Certes, la France, forte de 11,3 % du vignoble mondial, court en tête des pays producteurs et exportateurs devant l’Espagne et l’Italie. Cependant l’heure n’est plus à l’autosatisfaction et le mot « crise » flotte sur la filière viticole… Le vin est-il réellement dans la tourmente ?
Aujourd’hui, la France doit faire face, sur les marchés d’exportation, à l’irruption et à la concurrence de plus en plus vive de nouveaux pays producteurs comme l’Argentine, le Chili, l’Afrique du Sud, l’Australie, la Nouvelle-Zélande et les Etats-Unis. Ce « Nouveau Monde » représente désormais 16 % des surfaces en vignes (alors qu’il n’en représentait que 8 % il y a 15 ans). Des conditions climatiques propices, des charges sociales allégées, des réglementations moins sévères en maints domaines, des produits charmeurs, bref, autant d’atouts qui servent ces compétiteurs et les échanges mondiaux des vins au détriment de l’Europe, donc de la France, et de nos « pays de vin ».
Autre source d’inquiétude, la mauvaise passe traversées par les vins d’appellation d’origine contrôlée issus notamment des principales régions productrices. Chaque année ce secteur enfle d’un peu plus de 4 % par an, entraînant des problèmes de surproduction, souvent synonyme de chute des prix.
Un souci ne venant jamais seul, le principe même de l’AOC semble être sur la sellette : créé en 1935, ce système qui devait pourtant permettre de définir officiellement ce qu’était un vrai vin, s’est un peu emballé. Aujourd’hui on en est arrivé à différencier 450 AOC et 140 vins de pays. En Dordogne, le Bergeracois représente 3 % des AOC françaises et 9 % des AOC d’Aquitaine.
Toutes ces appellations sont à la base de plusieurs dizaines de milliers d’étiquettes : un imbroglio qui certes ravit les connaisseurs mais déboussole le consommateur qu’il soit français ou étranger.
Mais rien ne vaut en somme quelques contrariétés – tant sur le marché intérieur que sur les exportations, pour sonner l’heure de la reconquête. Tout d’abord réfléchir à la manière de réformer les AOC. Reconstruire l’offre en la simplifiant, tout en conservant des stratégies commerciales qui font encore appel au temps, à l’espace et au terroir.

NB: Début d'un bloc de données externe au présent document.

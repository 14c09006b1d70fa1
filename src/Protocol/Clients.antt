-- ===== src/Protocol/Clients.antt =====
-- A client's step keeps each field of the invariant.
use sharedgl.Prelude.{ℕ, suc, ◌≤◌, ◌<◌, ◌≡◌, ◌⊎◌, refl, true, false, arith}
use sharedgl.Layout.{valid_client_id}
use sharedgl.Protocol.{
  Stream, Shared, Pc, answered, Move, begin, take, busy, unlock, retry, free, copy, copied, raise,
  release, oversize, see, ServerPc, listening, executing, replying, answering, World, update,
}
use sharedgl.Protocol.Invariant.{
  stream_of, critical, staging, raised, is_idle, is_answered, progress, IsPlaced, serves,
  loaded_bytes, exec_of, IsFetched, IsRunning, IsPublished, Inv,
}

-- The premise of a move.
abbrev Guard : {fifo_size i : ℕ} {m m' : Shared} {p p' : Pc} → Move fifo_size i m p m' p' → Type 0
Guard {fifo_size} (begin {s} _) = s.size ≤ fifo_size
Guard {m = m} (take _) = m.lock ≡ false
Guard {m = m} (busy _) = m.submit ≡ true
Guard {m = m} (retry _) = m.submit ≡ false
Guard {m = m} (free _) = m.submit ≡ false
Guard (copy {s} {k} _) = k < s.size
Guard (copied {s} {k} _) = s.size ≤ k
Guard {fifo_size} (oversize s _) = fifo_size < s.size
Guard {i = i} {m = m} (see _) = m.flag i ≡ false
Guard _ = Unit

guard : {fifo_size i : ℕ} {m m' : Shared} {p p' : Pc} (mv : Move fifo_size i m p m' p') → Guard mv
guard (begin g) = g
guard (take g) = g
guard (busy g) = g
guard (retry g) = g
guard (free g) = g
guard (copy g) = g
guard (copied g) = g
guard (oversize s g) = g
guard (see g) = g
guard _ = tt

-- The client that the server serves has raised SUBMIT.
pub serves-raised :
    (w : World) (i : ℕ) (sp : ServerPc)
    → IsRunning w sp
    → serves sp i ≡ true
    → raised (w.clients i) ≡ true
serves-raised w i listening r h = cc
serves-raised w i (executing id n exec) r h = ground (arith, r, h)
serves-raised w i (replying id v) r h = ground (arith, r, h)
serves-raised w i (answering id v) r h = ground (arith, r, h)
serves-raised w i _ r h = cc

module _ {fifo_size : ℕ} {w : World} (inv : Inv fifo_size w) (i : ℕ) where
  open inv use {
    locked, alone, lowered, placed, small, staged, published, published_bytes, awaited, settled,
    prior, returned, fetched, loaded, running, running_bytes, ran_size, ran_bytes,
  }

  Move-locked :
      {p p' : Pc} {m' : Shared}
      → Move fifo_size i w.shared p m' p'
      → w.clients i ≡ p
      → (j : ℕ) → critical (update w.clients i p' j) ≡ true
      → m'.lock ≡ true
  Move-locked (begin g) e j c = ground (arith, locked j)
  Move-locked mv e j c = ground (arith, guard mv, locked j, locked i, alone i j)

  Move-held :
      {p p' : Pc} {m' : Shared}
      → Move fifo_size i w.shared p m' p'
      → w.clients i ≡ p
      → m'.lock ≡ true
      → (j : ℕ) × (critical (update w.clients i p' j) ≡ true)
  Move-held (take g) e c = (i, ground arith)
  Move-held unlock e c = absurd (cc)
  Move-held release e c = absurd (cc)
  Move-held mv e c = let (j, h) = inv.held c in (j, ground (arith, guard mv, h, e))

  Move-members :
      {p p' : Pc} {m' : Shared}
      → Move fifo_size i w.shared p m' p'
      → valid_client_id i ≡ true
      → (j : ℕ) → is_idle (update w.clients i p' j) ≡ false
      → valid_client_id j ≡ true
  Move-members (begin g) v j c = ground (arith, v, inv.members j)
  Move-members _ v j c = ground (arith, v, inv.members j)

  Move-alone :
      {p p' : Pc} {m' : Shared}
      → Move fifo_size i w.shared p m' p'
      → w.clients i ≡ p
      → (a b : ℕ) → critical (update w.clients i p' a) ≡ true
      → critical (update w.clients i p' b) ≡ true
      → a ≡ b
  Move-alone (begin g) e a b c d = ground (arith, alone a b)
  Move-alone mv e a b c d = ground (arith, guard mv, alone a b, locked a, locked b)

  Move-lowered :
      {p p' : Pc} {m' : Shared}
      → Move fifo_size i w.shared p m' p'
      → w.clients i ≡ p
      → (j : ℕ) → staging (update w.clients i p' j) ≡ true
      → m'.submit ≡ false
  Move-lowered (begin g) e j c = ground (arith, lowered j)
  Move-lowered mv e j c = ground (arith, guard mv, lowered j, lowered i, alone i j)

  Move-IsPlaced :
      {p p' : Pc} {m' : Shared}
      → Move fifo_size i w.shared p m' p'
      → w.clients i ≡ p
      → (j : ℕ) → IsPlaced m' j (update w.clients i p' j)
  Move-IsPlaced (begin g) e j = ground (arith, placed j)
  Move-IsPlaced mv e j = ground (arith, guard mv, placed j, placed i, alone i j)

  Move-small :
      {p p' : Pc} {m' : Shared}
      → Move fifo_size i w.shared p m' p'
      → w.clients i ≡ p
      → (j : ℕ) → (stream_of (update w.clients i p' j)).size ≤ fifo_size
  Move-small (begin g) e j = ground (arith, small j)
  Move-small mv e j = ground (arith, guard mv, small j, small i)

  Move-staged :
      {p p' : Pc} {m' : Shared}
      → Move fifo_size i w.shared p m' p'
      → w.clients i ≡ p
      → (j k : ℕ) → k < progress (update w.clients i p' j)
      → m'.stage k ≡ (stream_of (update w.clients i p' j)).byte k
  Move-staged (begin g) e j k q = ground (arith, staged j k)
  Move-staged mv e j k q = ground (arith, guard mv, staged j k, staged i k, alone i j)

  abbrev after : Shared → Pc → World
  after m' p' = record w { shared = m'; clients = update w.clients i p' }

  Move-IsPublished :
      {p p' : Pc} {m' : Shared}
      → Move fifo_size i w.shared p m' p'
      → valid_client_id i ≡ true
      → w.clients i ≡ p
      → m'.submit ≡ true
      → IsPublished fifo_size (after m' p') m'.stage_client_id
  Move-IsPublished (raise {s}) v e c =
      ground (arith, v, placed i, prior i, serves-raised w i w.server running)
  Move-IsPublished mv v e c = ground (arith, guard mv, published c, lowered i, placed i)

  Move-published_bytes :
      {p p' : Pc} {m' : Shared}
      → Move fifo_size i w.shared p m' p'
      → w.clients i ≡ p
      → m'.submit ≡ true
      → (k : ℕ) → k < m'.stage_size
      → m'.stage k ≡ (stream_of (update w.clients i p' m'.stage_client_id)).byte k
  Move-published_bytes (raise {s}) e c k q = ground (arith, placed i, staged i k)
  Move-published_bytes mv e c k q =
      ground (arith, guard mv, published_bytes c k, published c, lowered i)

  Move-awaited :
      {p p' : Pc} {m' : Shared}
      → Move fifo_size i w.shared p m' p'
      → w.clients i ≡ p
      → (j : ℕ) → raised (update w.clients i p' j) ≡ true
      → m'.flag j ≡ true
      → ((m'.submit ≡ true) × (m'.stage_client_id ≡ j)) ⊎ (serves w.server j ≡ true)
  Move-awaited (begin g) e j c f = ground (arith, awaited j)
  Move-awaited mv e j c f = ground (arith, guard mv, awaited j, awaited i, placed i, lowered i)

  Move-settled :
      {p p' : Pc} {m' : Shared}
      → Move fifo_size i w.shared p m' p'
      → w.clients i ≡ p
      → (j : ℕ) → raised (update w.clients i p' j) ≡ true
      → m'.flag j ≡ false
      → (w.runs j ≡ suc (w.asked j)) × (m'.retval j ≡ (w.last j).result)
  Move-settled (begin g) e j c f = ground (arith, settled j)
  Move-settled mv e j c f = ground (arith, guard mv, settled j, settled i, placed i)

  Move-prior :
      {p p' : Pc} {m' : Shared}
      → Move fifo_size i w.shared p m' p'
      → w.clients i ≡ p
      → (j : ℕ) → raised (update w.clients i p' j) ≡ false
      → is_answered (update w.clients i p' j) ≡ false
      → w.runs j ≡ w.asked j
  Move-prior (begin g) e j c f = ground (arith, prior j)
  Move-prior mv e j c f = ground (arith, prior j, prior i)

  Move-returned :
      {p p' : Pc} {m' : Shared}
      → Move fifo_size i w.shared p m' p'
      → w.clients i ≡ p
      → (j : ℕ) (s : Stream) (r : ℕ) → update w.clients i p' j ≡ answered s r
      → (w.runs j ≡ suc (w.asked j)) × ((w.last j).result ≡ r)
  Move-returned (begin g) e j s r c = ground (arith, returned j s r)
  Move-returned mv e j s r c = ground (arith, guard mv, returned j s r, settled i, placed i)

  Move-IsFetched :
      {p p' : Pc} {m' : Shared}
      → Move fifo_size i w.shared p m' p'
      → w.clients i ≡ p
      → IsFetched m' w.server
  Move-IsFetched (begin g) e = fetched
  Move-IsFetched mv e = ground (arith, fetched, lowered i)

  Move-loaded :
      {p p' : Pc} {m' : Shared}
      → Move fifo_size i w.shared p m' p'
      → w.clients i ≡ p
      → (k : ℕ) → k < loaded_bytes w.server
      → exec_of w.server k ≡ m'.stage k
  Move-loaded (begin g) e k q = loaded k q
  Move-loaded mv e k q = ground (arith, loaded k, fetched, lowered i)

  Move-running :
      {p p' : Pc} {m' : Shared}
      → Move fifo_size i w.shared p m' p'
      → w.clients i ≡ p
      → IsRunning (after m' p') w.server
  Move-running (begin g) e = ground (arith, running)
  Move-running mv e = ground (arith, guard mv, running, placed i)

  Move-running_bytes :
      {p p' : Pc} {m' : Shared}
      → Move fifo_size i w.shared p m' p'
      → w.clients i ≡ p
      → (id n : ℕ) (exec : ℕ → ℕ) → w.server ≡ executing id n exec
      → (k : ℕ) → k < n
      → exec k ≡ (stream_of (update w.clients i p' id)).byte k
  Move-running_bytes (begin g) e id n exec f k q =
      ground (arith, running_bytes id n exec f k, running)
  Move-running_bytes mv e id n exec f k q = ground (arith, running_bytes id n exec f k, running)

  Move-ran_size :
      {p p' : Pc} {m' : Shared}
      → Move fifo_size i w.shared p m' p'
      → w.clients i ≡ p
      → (j : ℕ) → w.runs j ≡ suc (w.asked j)
      → (w.last j).size ≡ (stream_of (update w.clients i p' j)).size
  Move-ran_size (begin g) e j c = ground (arith, ran_size j, prior j)
  Move-ran_size mv e j c = ground (arith, ran_size j)

  Move-ran_bytes :
      {p p' : Pc} {m' : Shared}
      → Move fifo_size i w.shared p m' p'
      → w.clients i ≡ p
      → (j : ℕ) → w.runs j ≡ suc (w.asked j)
      → (k : ℕ) → k < (w.last j).size
      → (w.last j).byte k ≡ (stream_of (update w.clients i p' j)).byte k
  Move-ran_bytes (begin g) e j c k q = ground (arith, ran_bytes j c k, prior j)
  Move-ran_bytes mv e j c k q = ground (arith, ran_bytes j c k)

  pub Move-Inv :
      {m' : Shared} {p' : Pc}
      → valid_client_id i ≡ true
      → Move fifo_size i w.shared (w.clients i) m' p'
      → Inv fifo_size (after m' p')
  Move-Inv v mv = record {
    locked = Move-locked mv refl;
    held = Move-held mv refl;
    members = Move-members mv v;
    alone = Move-alone mv refl;
    lowered = Move-lowered mv refl;
    placed = Move-IsPlaced mv refl;
    small = Move-small mv refl;
    staged = Move-staged mv refl;
    published = Move-IsPublished mv v refl;
    published_bytes = Move-published_bytes mv refl;
    awaited = Move-awaited mv refl;
    settled = Move-settled mv refl;
    prior = Move-prior mv refl;
    returned = Move-returned mv refl;
    accepts = inv.accepts;
    fetched = Move-IsFetched mv refl;
    loaded = Move-loaded mv refl;
    running = Move-running mv refl;
    running_bytes = Move-running_bytes mv refl;
    ran_size = Move-ran_size mv refl;
    ran_bytes = Move-ran_bytes mv refl;
  }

C’est pourquoi le travail de segmentation en Dordogne se poursuit pour aboutir à une offre à quatre niveaux, avec les appellations de terroir, les AOC génériques, les vins de pays de Dordogne et les vins de Pays de l’Atlantique.
Ne pas jouer la carte du monocépage, ne pas façonner des breuvages « technologiques » répondant aux préférences de tel ou tel marché intérieur ou extérieur. Le récent film « Mondovino » de Jonathan Nossiter a bien pointé du doigt ce sujet (étiolement de la diversité des cépages, rationalisation et uniformisation du goût du vin).
Le vin français ne doit pas rogner ses principes et perdre, in fine, son âme. Les vignerons doivent, ici en Dordogne comme ailleurs, retrousser leurs manches pour continuer de faire un vin comme autrefois, respectueux des contraintes du terroir. C’est tout du moins dans cet esprit que s’engage la Filière viticole en Dordogne et les différents partenaires qui travaillent à leurs côtés, qu’il s’agisse de la Chambre d’Agriculture ou du Conseil général de Dordogne.